Um diese Probleme zu vermeiden, ist es besser regelmäßig auskultieren und sorgfältig jeder der Kakteen; isolieren und platzieren in a trockener Platz ein kranker Kaktus; Schneiden Sie die erkrankten Teile ab und tränken Sie sie mit Fungizid, um die Ausbreitung von Bakterien zu verhindern. Bieten Sie Kakteen die Bedingungen, die für ihre ordnungsgemäße Entwicklung je nach Sorte erforderlich sind, und verhindern Sie das Einfrieren.

Tipps zur richtigen Pflege eines Kaktus

Die korrekte Wartung eines Kaktus beinhaltet:

  • Die Wahl des Landes : ein mit Sand angereicherter Boden;
  • Die Wahl des Topfes : ein poröser Behälter mit gut durchlässigem Boden, um eine Wasserstagnation an den Wurzeln zu verhindern;
  • Bewässerung : Nur bei trockenem Boden, da zu viel Feuchtigkeit den Kaktus töten kann. Zu oft zu gießen ist schlecht, aber Kakteen brauchen im Sommer Wasser.

Selbst wenn das Wachstum eines Kaktus unauffällig ist, erfolgt das Umtopfen in einem Topf, der etwas größer als der alte ist. Achten Sie darauf, die fleischigen Teile nicht zu begraben. Ebenso ist es wichtig, den Boden mit kleinen Kieselsteinen zu bedecken. In der Tat, die Kies fängt Wärme ein und schützt die Pflanze vor Feuchtigkeit. Mäßiges Gießen sorgt für ein gutes Kaktuswachstum. Gießen Sie dazu einfach Wasser in einen tiefen Teller und stellen Sie den Kaktustopf darauf, damit das Wasser eindringen kann (ca. 15 Minuten).
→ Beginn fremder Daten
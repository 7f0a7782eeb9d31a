-- ===== src/Listing/Cursors.antt =====
-- `encodeCursor` and `decodeCursor` of apps/api/src/common/cursor.ts. The library's encodings (base64
-- for URLs, JSON, dates) and PostgreSQL's reading of a UUID are parameters. A date is its time in
-- milliseconds since 1970.
use gatway_pagamento_escrito.Prelude.{
  ℕ, Bool, true, false, ◌&&◌, ◌||◌, Option, none, some, List, [], ◌∷◌, leb, ◌==◌, if◌then◌else◌,
}
use gatway_pagamento_escrito.Failure.{Failure, error, bad_request, Result, ok, err}
use gatway_pagamento_escrito.Auth.Password.{Chars}
use gatway_pagamento_escrito.Listing.{Cursor}

-- What the code tells apart of a JSON value: the two fields that it reads.
pub data Field : Type 0 where
  absent other : Field
  string : Chars → Field

pub data Json : Type 0 where
  other : Json
  object : (created_at id : Field) → Json

pub record Codec : Type 0 where
  pub to_base64url : Chars → Chars
  pub from_base64url : Chars → Chars
  pub stringify : Json → Chars
  -- an error: `JSON.parse` throws
  pub parse : Chars → Result Json
  pub to_iso : ℕ → Chars
  -- none: an invalid date
  pub parse_date : Chars → Option ℕ
  pub uuid_text : ℕ → Chars
  pub uuid_value : Chars → ℕ

pub data Class : Type 0 where
  hex version variant dash : Class

abbrev is_digit : ℕ → Bool
is_digit c = leb 48 c && leb c 57

-- The pattern has the flag `i`.
abbrev is_in : Class → ℕ → Bool
is_in Class.hex c = is_digit c || (leb 97 c && leb c 102) || (leb 65 c && leb c 70)
is_in Class.version c = leb 49 c && leb c 56
is_in Class.variant c = c == 56 || c == 57 || c == 97 || c == 98 || c == 65 || c == 66
is_in Class.dash c = c == 45

abbrev matches_pattern : List Class → Chars → Bool
matches_pattern [] [] = true
matches_pattern (p ∷ ps) (c ∷ cs) = is_in p c && matches_pattern ps cs
matches_pattern _ _ = false

abbrev hexes : List Class → List Class
hexes ps = Class.hex ∷ Class.hex ∷ Class.hex ∷ ps

-- `uuidPattern`
abbrev uuid_pattern : List Class
uuid_pattern =
    Class.hex
    ∷ Class.hex
    ∷ hexes (
        hexes (
          Class.dash
          ∷ Class.hex
          ∷ hexes (
              Class.dash
              ∷ Class.version
              ∷ hexes (
                  Class.dash
                  ∷ Class.variant
                  ∷ hexes (Class.dash ∷ hexes (hexes (hexes (hexes []))))))))

unfoldable pub is_uuid : Chars → Bool
is_uuid id = matches_pattern uuid_pattern id

abbrev pub invalid_cursor : Failure
invalid_cursor = bad_request "Invalid pagination cursor"

-- The error that `decodeCursor` throws inside its `try`
abbrev pub thrown : Failure
thrown = error "Invalid cursor"

-- Its `catch`: whatever was thrown, a bad request is thrown instead.
abbrev pub rethrown : {A : Type 0} → Result A → Result A
rethrown (ok a) = ok a
rethrown (err e) = err invalid_cursor

module _ (codec : Codec) where
  abbrev pub json_of : Cursor → Json
  json_of c = Json.object (string (codec.to_iso c.created_at)) (string (codec.uuid_text c.id))

  unfoldable pub encode_cursor : Cursor → Chars
  encode_cursor c = codec.to_base64url (codec.stringify (json_of c))

  abbrev pub with_date : Chars → Option ℕ → Result (Option Cursor)
  with_date id none = err thrown
  with_date id (some created_at) =
      ok (some (record { created_at = created_at; id = codec.uuid_value id }))

  abbrev pub read_value : Json → Result (Option Cursor)
  read_value (Json.object (string created_at) (string id)) =
      if is_uuid id then with_date id (codec.parse_date created_at) else err thrown
  read_value _ = err thrown

  -- The block of the `try`
  abbrev pub read_json : Result Json → Result (Option Cursor)
  read_json (ok value) = read_value value
  read_json (err e) = err e

  -- No cursor, or an empty one, is the first page.
  unfoldable pub decode_cursor : Option Chars → Result (Option Cursor)
  decode_cursor none = ok none
  decode_cursor (some []) = ok none
  decode_cursor (some (c ∷ cs)) = rethrown (read_json (codec.parse (codec.from_base64url (c ∷ cs))))
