-- ===== src/Listing/Filters.antt =====
-- The conditions of the queries of `list` in the repositories of tenants and plans, and of
-- `listInvoices`, `listPayments` and `listSubscriptions` in BillingRepository, all of
-- apps/api/src/modules. `ilike` is a parameter.
use gatway_pagamento_escrito.Prelude.{
  ℕ, ◌/◌, Bool, true, false, not, ◌&&◌, ◌||◌, Option, none, some, List, [], ◌∷◌, ltb, leb, ◌==◌,
}
use gatway_pagamento_escrito.Idempotency.{day_ms}
use gatway_pagamento_escrito.Admin.{
  TenantStatus, TenantRow, PlanStatus, PlanRow, SubscriptionStatus, SubscriptionRow, InvoiceStatus,
  opened, overdue, InvoiceRow, PaymentStatus, PaymentRow,
}
use gatway_pagamento_escrito.Common.{is_null}

-- The text of a status in a query: none, one that is no status, or a status
pub data Choice (Status : Type 0) : Type 0 where
  any unknown : Choice Status
  only : Status → Choice Status

abbrev pub is_unknown : {Status : Type 0} → Choice Status → Bool
is_unknown Choice.unknown = true
is_unknown _ = false

abbrev pub fits : {Status : Type 0} → (Status → Status → Bool) → Choice Status → Status → Bool
fits same (Choice.only s) status = same status s
fits same _ status = true

abbrev pub tenant_code : TenantStatus → ℕ
tenant_code TenantStatus.draft = 0
tenant_code TenantStatus.provisioning = 1
tenant_code TenantStatus.pending_admin = 2
tenant_code TenantStatus.active = 3
tenant_code TenantStatus.suspended = 4
tenant_code TenantStatus.failed = 5
tenant_code TenantStatus.archived = 6

abbrev pub plan_code : PlanStatus → ℕ
plan_code PlanStatus.draft = 0
plan_code PlanStatus.active = 1
plan_code PlanStatus.archived = 2

abbrev pub invoice_code : InvoiceStatus → ℕ
invoice_code InvoiceStatus.draft = 0
invoice_code opened = 1
invoice_code InvoiceStatus.paid = 2
invoice_code overdue = 3
invoice_code InvoiceStatus.void = 4

abbrev pub payment_code : PaymentStatus → ℕ
payment_code PaymentStatus.pending = 0
payment_code PaymentStatus.paid = 1
payment_code PaymentStatus.failed = 2
payment_code PaymentStatus.refunded = 3
payment_code PaymentStatus.canceled = 4

abbrev pub subscription_code : SubscriptionStatus → ℕ
subscription_code SubscriptionStatus.pending = 0
subscription_code SubscriptionStatus.trialing = 1
subscription_code SubscriptionStatus.active = 2
subscription_code SubscriptionStatus.past_due = 3
subscription_code SubscriptionStatus.suspended = 4
subscription_code SubscriptionStatus.canceled = 5

-- The conditions of the queries
abbrev pub sought : (ℕ → ℕ → Bool) → Option ℕ → List ℕ → Bool
sought contains none texts = true
sought contains (some search) [] = false
sought contains (some search) (x ∷ xs) = contains search x || sought contains (some search) xs

abbrev pub tenant_matches : (ℕ → ℕ → Bool) → Option ℕ → Choice TenantStatus → TenantRow → Bool
tenant_matches contains search status row =
    sought contains search (row.name ∷ row.slug ∷ row.contact_email ∷ [])
    && fits (λ a b. tenant_code a == tenant_code b) status row.status

abbrev pub plan_matches : (ℕ → ℕ → Bool) → Option ℕ → Choice PlanStatus → PlanRow → Bool
plan_matches contains search status row =
    is_null row.deleted_at
    && sought contains search (row.name ∷ row.slug ∷ [])
    && fits (λ a b. plan_code a == plan_code b) status row.status

abbrev pub of_tenant : Option ℕ → ℕ → Bool
of_tenant none id = true
of_tenant (some tenant_id) id = id == tenant_id

abbrev pub has_invoice_status : InvoiceStatus → InvoiceStatus → Bool
has_invoice_status a b = invoice_code a == invoice_code b

-- `due_date < today` in the query
abbrev pub is_past : ℕ → InvoiceRow → Bool
is_past now row = ltb row.due_date (now / day_ms)

abbrev pub invoice_fits : ℕ → Choice InvoiceStatus → InvoiceRow → Bool
invoice_fits now (Choice.only overdue) row =
    has_invoice_status row.status overdue
    || (has_invoice_status row.status opened && is_past now row)
invoice_fits now (Choice.only opened) row =
    has_invoice_status row.status opened && not (is_past now row)
invoice_fits now status row = fits has_invoice_status status row.status

abbrev pub from_day : Option ℕ → ℕ → Bool
from_day none day = true
from_day (some from) day = leb from day

abbrev pub to_day : Option ℕ → ℕ → Bool
to_day none day = true
to_day (some to) day = leb day to

-- `BillingListQuery`, its cursor and limit apart
pub record BillingQuery (Status : Type 0) : Type 0 where
  pub tenant_id : Option ℕ
  pub status : Choice Status
  pub from : Option ℕ
  pub to : Option ℕ

abbrev pub invoice_matches : ℕ → BillingQuery InvoiceStatus → InvoiceRow → Bool
invoice_matches now q row =
    is_null row.deleted_at
    && of_tenant q.tenant_id row.tenant_id
    && invoice_fits now q.status row
    && from_day q.from row.due_date
    && to_day q.to row.due_date

abbrev pub payment_matches : BillingQuery PaymentStatus → PaymentRow → Bool
payment_matches q row =
    is_null row.deleted_at
    && of_tenant q.tenant_id row.tenant_id
    && fits (λ a b. payment_code a == payment_code b) q.status row.status

abbrev pub subscription_matches : BillingQuery SubscriptionStatus → SubscriptionRow → Bool
subscription_matches q row =
    is_null row.deleted_at
    && of_tenant q.tenant_id row.tenant_id
    && fits (λ a b. subscription_code a == subscription_code b) q.status row.status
Dieser Vorgang muss alle zwei Wochen wiederholt werden.

Beachten Sie, dass Kakteen mit Ausnahme von Sorten im Freien angebaut werden müssen Pilosocereus die in der freien Natur besser machen. Sie müssen geschützt und trocken sobald die Temperatur im Herbst unter 15 ° C fällt. Es ist auch ratsam, das Substrat von Zeit zu Zeit zu wechseln.